In studying many chains of mountains, we find that the strike or line of outcrop of continuous sets of strata, and the general direction of the chain, may be far from rectilinear. Curves forming angles of 20° or 30° may be found in the same range as in the Alleghanies; just as trains of active volcanoes and the zones throughout which modern earthquakes occur are often linear, without running in straight lines. Nor are all of these, though contemporaneous or belonging to our own epoch, by any means parallel, but some at right angles, the one to the other.

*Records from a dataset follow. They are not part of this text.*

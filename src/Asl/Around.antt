-- ===== src/Asl/Around.antt =====
-- A semaphore in the middle of the list, and a change of its queue that spares the other entries.
use mathlib.Core.Path.{subst, subst₂, sym}
use os_fall_2021_project.Prelude.{
  ℕ, ◌≡◌, ◌≢◌, refl, true, false, ◌||◌, List, [], ◌∷◌, ◌++◌, arith, ◌==◌, has, AllTrue, Distinct,
  in_range, update, ◌∙◌, Distinct-left, Distinct-right, Distinct-apart, ap, update_ne, update_self,
  AllTrue-out, AllTrue-left,
}
use os_fall_2021_project.Machine.Word.{null, max_proc}
use os_fall_2021_project.Pcb.{Procs}
use os_fall_2021_project.Pcb.Seg.{last, last-append}
use os_fall_2021_project.Pcb.Ring.{IsQueue}
use os_fall_2021_project.Asl.{Asl}
use os_fall_2021_project.Asl.Entries.{
  Entry, semds_of, keys_of, pcbs_of, Run, Run-frame, Run-join, IsAsl, Sorted, FreeChain, dummy_head,
  dummy_tail, semds_of-append, keys_of-append, pcbs_of-append,
}

abbrev pub entry : ℕ → ℕ → List ℕ → Entry
entry d k q = record { semd = d; sem_add = k; queue = q }

-- The descriptor `d` of the semaphore `k`, with the queue `q`, between the entries `xs` and `ys`.
pub record Around (s : Asl) (xs : List Entry) (d k : ℕ) (q : List ℕ) (ys : List Entry) (fs : List ℕ)
    : Type 0 where
  pub head : s.semds.semd_h ≡ dummy_head
  pub before : Run s.semds s.procs dummy_head xs
  pub link : s.semds.s_next (last dummy_head (semds_of xs)) ≡ d
  pub key : s.semds.s_sem_add d ≡ k
  pub queued : IsQueue s.procs (s.semds.s_proc_q d) q
  pub waits : AllTrue (λ p. s.procs.p_sem_add p == k) q
  pub after : Run s.semds s.procs d ys
  pub end : s.semds.s_next (last d (semds_of ys)) ≡ dummy_tail
  pub top : s.semds.s_sem_add dummy_tail ≡ null
  pub sorted : Sorted 0 (keys_of xs ++ k ∷ keys_of ys)
  pub free : FreeChain s.semds.s_next s.semds.semd_free_h fs
  pub distinct : Distinct ((semds_of xs ++ d ∷ semds_of ys) ++ fs)
  pub valid : AllTrue (in_range max_proc) ((semds_of xs ++ d ∷ semds_of ys) ++ fs)
  pub apart : Distinct (pcbs_of xs ++ (q ++ pcbs_of ys))

-- Of the pcbs only members of `ps` have other links or another semaphore, and no other field differs.
pub record Spares (ps : List ℕ) (s s' : Procs) : Type 0 where
  pub next_out : (b : ℕ) → has b ps ≡ false → s'.p_next b ≡ s.p_next b
  pub prev_out : (b : ℕ) → has b ps ≡ false → s'.p_prev b ≡ s.p_prev b
  pub sem_out : (b : ℕ) → has b ps ≡ false → s'.p_sem_add b ≡ s.p_sem_add b
  pub rest : s' ≡ record s { p_next = s'.p_next; p_prev = s'.p_prev; p_sem_add = s'.p_sem_add }

-- The descriptor `d` gets the tail `tp`; only pcbs of `ms` change.
pub record Requeued (s : Asl) (d tp : ℕ) (ms : List ℕ) (s' : Asl) : Type 0 where
  pub semds : s'.semds ≡ record s.semds { s_proc_q = update s.semds.s_proc_q d tp }
  pub next_out : (b : ℕ) → has b ms ≡ false → s'.procs.p_next b ≡ s.procs.p_next b
  pub prev_out : (b : ℕ) → has b ms ≡ false → s'.procs.p_prev b ≡ s.procs.p_prev b
  pub sem_out : (b : ℕ) → has b ms ≡ false → s'.procs.p_sem_add b ≡ s.procs.p_sem_add b

module _ {s s' : Asl} {xs ys : List Entry} {d k tp : ℕ} {q ms fs : List ℕ}
    (around : Around s xs d k q ys fs) (re : Requeued s d tp ms s')
    (far : (b : ℕ) → (has b (pcbs_of xs) || has b (pcbs_of ys)) ≡ true → has b ms ≡ false) where
  spare :
      (b : ℕ)
      → has b ms ≡ false
      → (s'.procs.p_next b ≡ s.procs.p_next b)
        × (s'.procs.p_prev b ≡ s.procs.p_prev b)
        × (s'.procs.p_sem_add b ≡ s.procs.p_sem_add b)
  spare b m = (re.next_out b m, re.prev_out b m, re.sem_out b m)

  same_semd :
      (b : ℕ)
      → b ≢ d
      → (s'.semds.s_sem_add b ≡ s.semds.s_sem_add b) × (s'.semds.s_proc_q b ≡ s.semds.s_proc_q b)
  same_semd b ne = (
    ap (λ t. t.s_sem_add b) re.semds,
    ap (λ t. t.s_proc_q b) re.semds ∙ update_ne s.semds.s_proc_q d tp b ne,
  )

  same_next : (b : ℕ) → s'.semds.s_next b ≡ s.semds.s_next b
  same_next b = ap (λ t. t.s_next b) re.semds

  active : Distinct (semds_of xs ++ d ∷ semds_of ys)
  active = Distinct-left (semds_of xs ++ d ∷ semds_of ys) fs around.distinct

  before_kept : Run s'.semds s'.procs dummy_head xs
  before_kept =
      Run-frame s.semds s'.semds s.procs s'.procs dummy_head xs around.before
        (
          AllTrue-out (in_range max_proc) dummy_head (semds_of xs) refl (
              AllTrue-left (in_range max_proc) (semds_of xs) (d ∷ semds_of ys) (
                AllTrue-left (in_range max_proc) (semds_of xs ++ d ∷ semds_of ys) fs around.valid)),
          Distinct-left (semds_of xs) (d ∷ semds_of ys) active,
        )
        (λ b m ne. same_next b)
        (λ b m.
          same_semd b (ground (arith, Distinct-apart b (semds_of xs) (d ∷ semds_of ys) active)))
        (λ b m. spare b (far b (ground arith)))

  after_kept : Run s'.semds s'.procs d ys
  after_kept =
      let own = Distinct-right (semds_of xs) (d ∷ semds_of ys) active in
      Run-frame s.semds s'.semds s.procs s'.procs d ys around.after own (λ b m ne. same_next b)
        (λ b m. same_semd b (ground arith)) (λ b m. spare b (far b (ground arith)))

  pub Requeued-Around :
      (q' : List ℕ)
      → IsQueue s'.procs tp q'
      → AllTrue (λ b. s'.procs.p_sem_add b == k) q'
      → Distinct (pcbs_of xs ++ (q' ++ pcbs_of ys))
      → Around s' xs d k q' ys fs
  Requeued-Around q' queue waits apart = record {
    head = ap (λ t. t.semd_h) re.semds ∙ around.head;
    before = before_kept;
    link = same_next (last dummy_head (semds_of xs)) ∙ around.link;
    key = ap (λ t. t.s_sem_add d) re.semds ∙ around.key;
    queued =
        subst (λ t. IsQueue s'.procs t q')
          (sym (ap (λ t. t.s_proc_q d) re.semds ∙ update_self s.semds.s_proc_q d tp)) queue;
    waits = waits;
    after = after_kept;
    end = same_next (last d (semds_of ys)) ∙ around.end;
    top = ap (λ t. t.s_sem_add dummy_tail) re.semds ∙ around.top;
    sorted = around.sorted;
    free =
        subst₂ (λ n h. FreeChain n h fs) (sym (ap (λ t. t.s_next) re.semds))
          (sym (ap (λ t. t.semd_free_h) re.semds)) around.free;
    distinct = around.distinct;
    valid = around.valid;
    apart = apart;
  }

module _ (s : Asl) (xs : List Entry) (d k : ℕ) (q : List ℕ) (ys : List Entry) (fs : List ℕ) where
  -- With a pcb that waits it is an entry.
  pub Around-IsAsl : Around s xs d k q ys fs → q ≢ [] → IsAsl s (xs ++ entry d k q ∷ ys) fs
  Around-IsAsl around busy = record {
    head = around.head;
    run = Run-join s.semds s.procs dummy_head xs (entry d k q ∷ ys) around.before (
      around.link,
      record { key = around.key; queued = around.queued; busy = busy; waits = around.waits },
      around.after,
    );
    end =
        rw
          (
            semds_of-append xs (entry d k q ∷ ys),
            last-append dummy_head (semds_of xs) d (semds_of ys),
          )
          around.end;
    top = around.top;
    sorted = rw (keys_of-append xs (entry d k q ∷ ys)) around.sorted;
    free = around.free;
    distinct = rw (semds_of-append xs (entry d k q ∷ ys)) around.distinct;
    valid = rw (semds_of-append xs (entry d k q ∷ ys)) around.valid;
    apart = rw (pcbs_of-append xs (entry d k q ∷ ys)) around.apart;
  }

Slow upheaval and subsidence.—Recent observations have disclosed to us the wonderful fact, that not only the west coast of South America, but also other large areas, some of them several thousand miles in circumference, such as Scandinavia, and certain archipelagoes in the Pacific, are slowly and insensibly rising; while other regions, such as Greenland, and parts of the Pacific and Indian Oceans, in which atolls or circular coral islands abound, are as gradually sinking. That all the existing continents and submarine abysses may have originated in movements of this kind, continued throughout incalculable periods of time, is undeniable, and the denudation which the dry land appears everywhere to have suffered, favors the idea that it was raised from the deep by a succession of upward movements, prolonged throughout indefinite periods. For the action of waves and currents on land slowly emerging from the deep, affords the only power by which we can conceive so many deep valleys and wide spaces to have been denuded as those which are unquestionably the effects of running water.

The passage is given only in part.